* **WHAT THE EXERCISE ASKS**
From the data, return each line holding the word "there".

Content starts

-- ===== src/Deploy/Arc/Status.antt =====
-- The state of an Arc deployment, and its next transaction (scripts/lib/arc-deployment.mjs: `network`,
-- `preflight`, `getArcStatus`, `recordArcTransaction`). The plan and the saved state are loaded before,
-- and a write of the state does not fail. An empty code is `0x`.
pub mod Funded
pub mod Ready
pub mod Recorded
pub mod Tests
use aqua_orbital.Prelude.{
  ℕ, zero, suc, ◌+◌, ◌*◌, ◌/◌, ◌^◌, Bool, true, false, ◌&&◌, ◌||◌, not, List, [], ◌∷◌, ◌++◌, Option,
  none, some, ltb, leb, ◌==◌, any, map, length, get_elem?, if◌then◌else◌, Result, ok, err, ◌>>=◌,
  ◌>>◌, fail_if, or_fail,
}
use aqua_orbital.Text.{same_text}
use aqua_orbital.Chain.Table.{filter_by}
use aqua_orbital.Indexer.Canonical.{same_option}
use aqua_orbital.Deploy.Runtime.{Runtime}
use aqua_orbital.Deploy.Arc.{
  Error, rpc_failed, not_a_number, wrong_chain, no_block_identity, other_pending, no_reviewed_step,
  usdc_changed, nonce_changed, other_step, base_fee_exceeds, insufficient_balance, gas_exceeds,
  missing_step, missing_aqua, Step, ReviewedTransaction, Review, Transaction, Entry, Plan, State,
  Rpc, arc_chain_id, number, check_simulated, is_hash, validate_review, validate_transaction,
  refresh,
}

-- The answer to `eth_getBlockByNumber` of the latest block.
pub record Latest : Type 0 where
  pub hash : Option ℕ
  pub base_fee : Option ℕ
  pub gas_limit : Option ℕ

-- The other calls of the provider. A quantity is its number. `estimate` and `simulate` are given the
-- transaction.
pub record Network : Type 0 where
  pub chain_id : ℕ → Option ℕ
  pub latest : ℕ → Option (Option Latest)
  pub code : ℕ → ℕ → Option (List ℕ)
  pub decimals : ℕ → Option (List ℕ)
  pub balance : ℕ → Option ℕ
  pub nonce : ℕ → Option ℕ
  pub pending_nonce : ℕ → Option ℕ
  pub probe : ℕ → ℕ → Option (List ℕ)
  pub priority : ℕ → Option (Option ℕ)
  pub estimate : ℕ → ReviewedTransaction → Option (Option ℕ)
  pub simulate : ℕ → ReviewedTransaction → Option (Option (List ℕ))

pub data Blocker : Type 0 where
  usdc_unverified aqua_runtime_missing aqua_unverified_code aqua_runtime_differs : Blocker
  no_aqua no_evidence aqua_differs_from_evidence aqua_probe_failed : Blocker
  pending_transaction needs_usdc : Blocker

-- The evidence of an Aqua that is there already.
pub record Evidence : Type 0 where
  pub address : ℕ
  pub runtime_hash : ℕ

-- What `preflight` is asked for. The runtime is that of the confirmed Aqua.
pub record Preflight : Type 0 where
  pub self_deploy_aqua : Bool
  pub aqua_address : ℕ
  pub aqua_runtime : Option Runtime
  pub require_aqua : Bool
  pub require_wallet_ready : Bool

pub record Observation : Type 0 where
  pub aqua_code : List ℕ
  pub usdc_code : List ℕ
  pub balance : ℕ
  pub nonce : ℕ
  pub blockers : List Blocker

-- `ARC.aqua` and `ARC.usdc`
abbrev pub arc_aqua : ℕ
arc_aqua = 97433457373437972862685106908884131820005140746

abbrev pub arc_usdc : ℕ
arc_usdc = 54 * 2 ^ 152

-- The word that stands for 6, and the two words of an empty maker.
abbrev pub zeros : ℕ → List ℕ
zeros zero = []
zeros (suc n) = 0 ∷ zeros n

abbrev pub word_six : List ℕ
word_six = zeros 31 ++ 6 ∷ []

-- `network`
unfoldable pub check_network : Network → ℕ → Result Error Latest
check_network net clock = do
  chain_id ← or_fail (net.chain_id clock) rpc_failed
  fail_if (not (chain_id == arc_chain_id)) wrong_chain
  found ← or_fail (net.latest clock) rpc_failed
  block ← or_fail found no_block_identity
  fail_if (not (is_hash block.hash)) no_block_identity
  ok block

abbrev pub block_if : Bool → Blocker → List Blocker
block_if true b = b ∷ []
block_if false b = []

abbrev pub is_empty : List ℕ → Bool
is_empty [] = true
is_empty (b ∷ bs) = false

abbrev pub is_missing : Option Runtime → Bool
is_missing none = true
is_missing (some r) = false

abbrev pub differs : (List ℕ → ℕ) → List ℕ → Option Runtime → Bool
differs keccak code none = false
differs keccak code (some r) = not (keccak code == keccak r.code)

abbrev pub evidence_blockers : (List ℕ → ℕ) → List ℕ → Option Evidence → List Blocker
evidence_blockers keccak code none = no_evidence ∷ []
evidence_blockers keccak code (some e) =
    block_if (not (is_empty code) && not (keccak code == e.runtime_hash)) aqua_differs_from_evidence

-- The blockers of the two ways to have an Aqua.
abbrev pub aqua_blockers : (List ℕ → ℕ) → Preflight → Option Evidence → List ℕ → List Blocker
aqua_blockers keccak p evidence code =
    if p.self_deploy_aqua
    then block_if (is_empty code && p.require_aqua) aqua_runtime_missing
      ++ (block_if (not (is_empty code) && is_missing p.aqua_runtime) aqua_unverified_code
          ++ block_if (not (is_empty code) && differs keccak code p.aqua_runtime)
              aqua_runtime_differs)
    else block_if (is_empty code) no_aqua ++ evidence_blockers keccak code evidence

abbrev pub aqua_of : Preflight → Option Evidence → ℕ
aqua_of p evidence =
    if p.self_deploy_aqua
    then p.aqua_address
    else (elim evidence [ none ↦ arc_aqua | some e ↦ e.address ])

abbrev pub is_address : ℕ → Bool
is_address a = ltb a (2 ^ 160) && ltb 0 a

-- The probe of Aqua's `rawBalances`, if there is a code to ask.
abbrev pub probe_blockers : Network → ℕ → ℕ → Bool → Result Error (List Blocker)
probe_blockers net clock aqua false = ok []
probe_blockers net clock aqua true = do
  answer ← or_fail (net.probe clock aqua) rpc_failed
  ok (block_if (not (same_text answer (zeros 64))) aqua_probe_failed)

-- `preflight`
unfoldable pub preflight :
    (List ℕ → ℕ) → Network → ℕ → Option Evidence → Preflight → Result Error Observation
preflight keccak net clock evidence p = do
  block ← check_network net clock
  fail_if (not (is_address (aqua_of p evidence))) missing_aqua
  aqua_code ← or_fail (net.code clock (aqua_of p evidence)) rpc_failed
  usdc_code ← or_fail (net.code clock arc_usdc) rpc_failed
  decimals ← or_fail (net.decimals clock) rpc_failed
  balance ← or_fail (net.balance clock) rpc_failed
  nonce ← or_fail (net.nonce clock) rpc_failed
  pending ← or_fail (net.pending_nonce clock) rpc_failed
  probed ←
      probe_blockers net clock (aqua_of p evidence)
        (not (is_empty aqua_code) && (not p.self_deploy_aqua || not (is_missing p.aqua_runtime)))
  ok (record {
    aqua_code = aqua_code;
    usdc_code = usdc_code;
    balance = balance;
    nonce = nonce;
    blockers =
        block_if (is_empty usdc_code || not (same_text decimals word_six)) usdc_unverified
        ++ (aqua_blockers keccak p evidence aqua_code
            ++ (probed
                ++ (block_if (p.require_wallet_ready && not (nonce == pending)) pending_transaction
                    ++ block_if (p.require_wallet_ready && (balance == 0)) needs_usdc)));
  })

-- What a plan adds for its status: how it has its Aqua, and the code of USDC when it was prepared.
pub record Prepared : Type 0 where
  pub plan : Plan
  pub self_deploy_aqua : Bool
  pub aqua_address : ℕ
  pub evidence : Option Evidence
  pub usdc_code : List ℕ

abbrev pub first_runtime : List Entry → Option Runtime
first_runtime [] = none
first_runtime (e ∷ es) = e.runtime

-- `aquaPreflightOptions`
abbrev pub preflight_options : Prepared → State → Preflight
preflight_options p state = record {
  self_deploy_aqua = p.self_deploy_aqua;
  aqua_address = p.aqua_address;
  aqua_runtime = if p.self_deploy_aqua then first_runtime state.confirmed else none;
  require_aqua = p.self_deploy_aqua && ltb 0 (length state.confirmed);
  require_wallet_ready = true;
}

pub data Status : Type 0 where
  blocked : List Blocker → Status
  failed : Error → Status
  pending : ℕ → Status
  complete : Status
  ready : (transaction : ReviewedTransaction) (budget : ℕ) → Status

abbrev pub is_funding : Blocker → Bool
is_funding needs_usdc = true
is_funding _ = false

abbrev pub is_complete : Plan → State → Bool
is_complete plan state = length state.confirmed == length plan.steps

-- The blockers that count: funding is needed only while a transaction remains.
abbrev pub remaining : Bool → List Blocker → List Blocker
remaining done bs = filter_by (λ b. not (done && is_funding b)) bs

Content ends

* **EXERCISE SOLUTION**
-- The evidence of an Aqua that is there already.
-- The probe of Aqua's `rawBalances`, if there is a code to ask.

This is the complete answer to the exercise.